AbstractThe objective of this analysis was to identify risk factors for thromboembolic events (TE) in patients with paroxysmal nocturnal hemoglobinuria (PNH) who were not treated with C5 inhibitors. Patients with PNH and a history of ≥ 1 TE at enrollment in the International PNH Registry (NCT01374360; registration date, January 2011) were each matched with up to 5 patients without TE. Multivariable analysis was performed with the following variables: percentage glycosylphosphatidylinositol (GPI)–negative cells, high disease activity (HDA), non-TE major adverse vascular event history, and recent anticoagulation. Of 2541 eligible patients, 57 with TE and 189 matched controls were analyzed. Multivariable analysis (odds ratio [95% CI]) identified the following factors as being associated with increased thrombotic risk: patients with no history of TE (with recent anticoagulation, 9.30 [1.20–72.27]), patients with history of TE (with recent anticoagulation, 8.91 [0.86–92.62]; without recent anticoagulation, 5.33 [0.26–109.57]), patients with ≥ 30% GPI-negative granulocytes (≥ 30% to < 50%, 4.94 [0.54–45.32]; ≥ 50%, 1.97 [0.45–8.55]), or patients with lactate dehydrogenase (LDH) ratio ≥ 1.5 × upper limit of normal (ULN) plus ≥ 2 HDA criteria (2–3 criteria, 3.18 [0.44–23.20]; ≥ 4 criteria, 3.60 [0.38–33.95]).
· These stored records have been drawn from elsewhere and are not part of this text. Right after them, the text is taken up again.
-- ===== src/Chatstate/Runs.antt =====
-- gateway/internal/chatstate/store.go: the runs that are active, and the capacity that they and
-- the reservations take.
use codex_runtime.Base.{
  ℕ, Text, text_eq, Bool, true, false, not, Option, none, some, lookup, insert, remove, leb,
  if◌then◌else◌, is_some, Result, ok, err,
}
use codex_runtime.Domain.{GatewayError}
use codex_runtime.Chatstate.Types.{
  Scope, RunScope, RunState, starting, running, interrupting, RunRecord, IdempotencyScope,
}
use codex_runtime.Chatstate.Failures.{
  invalid_request, resource_exhausted, already_running, unknown_active_run,
}
use codex_runtime.Chatstate.Keys.{
  active_run_key, replay_key, active_run_reservation_key, is_empty, validate_run_scope,
  validate_idempotency_scope, chat_scope, is_terminal_run_state,
}
use codex_runtime.Chatstate.Store.{Store, unix_ms, cleanup, active_run_capacity_used}
use codex_runtime.Chatstate.Channels.{close_subscribers}

abbrev pub RunReply : Type 0
RunReply = Store × Result GatewayError RunRecord

-- `existing != nil && !isTerminalRunState(existing.State)`
abbrev pub in_progress : Option RunRecord → Bool
in_progress none = false
in_progress (some r) = not (is_terminal_run_state r.state)

-- The record that a run starts with.
unfoldable pub new_run : ℕ → RunScope → Text → RunRecord
new_run now scope idempotency_key = record {
  scope = scope.scope;
  run_id = scope.run_id;
  state = starting;
  idempotency_key = idempotency_key;
  started_at_unix_ms = unix_ms now;
  updated_at_unix_ms = unix_ms now;
}

-- StartRun once its scope is valid and the store is cleaned up.
unfoldable pub start_checked : ℕ → RunScope → Text → Store → RunReply
start_checked now scope idempotency_key s =
    let key = active_run_key scope.scope in
    if in_progress (lookup key s.active_runs)
    then (s, err (already_running scope))
    else if leb s.limits.active_runs_cap (active_run_capacity_used s)
    then (s, err (resource_exhausted "active run capacity exceeded" scope.scope))
    else (
      record s { active_runs = insert key (new_run now scope idempotency_key) s.active_runs },
      ok (new_run now scope idempotency_key),
    )

unfoldable pub start_run : ℕ → ℕ → RunScope → Text → Store → RunReply
start_run cleanup_at now scope idempotency_key s = elim (validate_run_scope scope) [
  | some e ↦ (s, err e)
  | none ↦ start_checked now scope idempotency_key (cleanup cleanup_at s)
]

unfoldable pub reserve_checked : IdempotencyScope → Store → Store × Result GatewayError (Unit {0})
reserve_checked scope s =
    let key = active_run_reservation_key scope in
    if is_some (lookup key s.active_run_reservations)
    then (s, ok tt)
    else if leb s.limits.active_runs_cap (active_run_capacity_used s)
    then (s, err (resource_exhausted "active run capacity exceeded" (chat_scope scope)))
    else (
      record s {
        active_run_reservations = insert key (chat_scope scope) s.active_run_reservations;
      },
      ok tt,
    )

unfoldable pub reserve_active_run_capacity :
    ℕ → IdempotencyScope → Store → Store × Result GatewayError (Unit {0})
reserve_active_run_capacity cleanup_at scope s = elim (validate_idempotency_scope scope) [
  | some e ↦ (s, err e)
  | none ↦ reserve_checked scope (cleanup cleanup_at s)
]

unfoldable pub release_active_run_capacity :
    IdempotencyScope → Store → Store × Result GatewayError (Unit {0})
release_active_run_capacity scope s = elim (validate_idempotency_scope scope) [
  | some e ↦ (s, err e)
  | none ↦ (
    record s {
      active_run_reservations = remove (active_run_reservation_key scope) s.active_run_reservations;
    },
    ok tt,
  )
]

unfoldable pub start_reserved : ℕ → IdempotencyScope → RunScope → Text → Store → RunReply
start_reserved now reservation scope idempotency_key s =
    let reservation_key = active_run_reservation_key reservation in
    let key = active_run_key scope.scope in
    if is_some (lookup reservation_key s.active_run_reservations)
    then if in_progress (lookup key s.active_runs) then (s, err (already_running scope)) else (
      record s {
        active_runs = insert key (new_run now scope idempotency_key) s.active_runs;
        active_run_reservations = remove reservation_key s.active_run_reservations;
      },
      ok (new_run now scope idempotency_key),
    )
    else (s, err (invalid_request "active run capacity reservation is required" scope.scope))

unfoldable pub start_run_with_reservation :
    ℕ → ℕ → IdempotencyScope → RunScope → Text → Store → RunReply
start_run_with_reservation cleanup_at now reservation scope idempotency_key s =
    elim (validate_idempotency_scope reservation) [
      | some e ↦ (s, err e)
      | none ↦ elim (validate_run_scope scope) [
        | some e ↦ (s, err e)
        | none ↦ start_reserved now reservation scope idempotency_key (cleanup cleanup_at s)
      ]
    ]

-- The record of exactly this run: `record == nil || record.RunID != scope.RunID` finds none.
abbrev same_run : RunScope → Option RunRecord → Option RunRecord
same_run scope none = none
same_run scope (some r) = if text_eq r.run_id scope.run_id then some r else none

unfoldable pub known_run : RunScope → Store → Option RunRecord
known_run scope s = same_run scope (lookup (active_run_key scope.scope) s.active_runs)

-- A write through the pointer `record`.
unfoldable pub put_run : RunScope → RunRecord → Store → RunReply
put_run scope r s =
    (record s { active_runs = insert (active_run_key scope.scope) r s.active_runs }, ok r)

unfoldable pub update_run_state : ℕ → RunScope → RunState → Store → RunReply
update_run_state now scope state s = elim (validate_run_scope scope) [
  | some e ↦ (s, err e)
  | none ↦ elim (known_run scope s) [
    | none ↦ (s, err (unknown_active_run scope))
    | some r ↦ put_run scope (record r { state = state; updated_at_unix_ms = unix_ms now }) s
  ]
]

abbrev pub is_interrupting : RunState → Bool
is_interrupting interrupting = true
is_interrupting _ = false

unfoldable pub restore_run_state_after_pending : ℕ → RunScope → Store → RunReply
restore_run_state_after_pending now scope s = elim (validate_run_scope scope) [
  | some e ↦ (s, err e)
  | none ↦ elim (known_run scope s) [
    | none ↦ (s, err (unknown_active_run scope))
    | some r ↦
        if is_interrupting r.state
        then (s, ok r)
        else put_run scope (record r { state = running; updated_at_unix_ms = unix_ms now }) s
  ]
]

unfoldable pub bind_run_id : ℕ → RunScope → Text → Store → RunReply
bind_run_id now scope run_id s = elim (validate_run_scope scope) [
  | some e ↦ (s, err e)
  | none ↦
      if is_empty run_id
      then (s, err (invalid_request "run id is required" scope.scope))
      else elim (known_run scope s) [
        | none ↦ (s, err (unknown_active_run scope))
        | some r ↦ put_run scope (record r { run_id = run_id; updated_at_unix_ms = unix_ms now }) s
      ]
]

-- The end of CompleteRun: the run leaves the map, and its subscribers' channels are closed.
unfoldable pub finish_run : ℕ → RunScope → RunState → RunRecord → Store → RunReply
finish_run now scope state r s = (
  close_subscribers (replay_key scope)
      (record s { active_runs = remove (active_run_key scope.scope) s.active_runs }),
  ok (record r { state = state; updated_at_unix_ms = unix_ms now }),
)

unfoldable pub complete_run : ℕ → RunScope → RunState → Store → RunReply
complete_run now scope state s =
    if is_terminal_run_state state
    then elim (validate_run_scope scope) [
      | some e ↦ (s, err e)
      | none ↦ elim (known_run scope s) [
        | none ↦ (s, err (unknown_active_run scope))
        | some r ↦ finish_run now scope state r s
      ]
    ]
    else (s, err (invalid_request "run completion requires a terminal state" scope.scope))

unfoldable pub active_run : Scope → Store → Option RunRecord
active_run scope s = elim (lookup (active_run_key scope) s.active_runs) [
  | none ↦ none
  | some r ↦ if is_terminal_run_state r.state then none else some r
]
History of TE, ≥ 30% GPI-negative granulocytes, and LDH ratio ≥ 1.5 × ULN with ≥ 2 HDA criteria are TE risk factors for patients with PNH. These findings will aid physicians by providing important clinical and laboratory risk factors that can be used to identify and manage patients with PNH who are at risk of developing TE.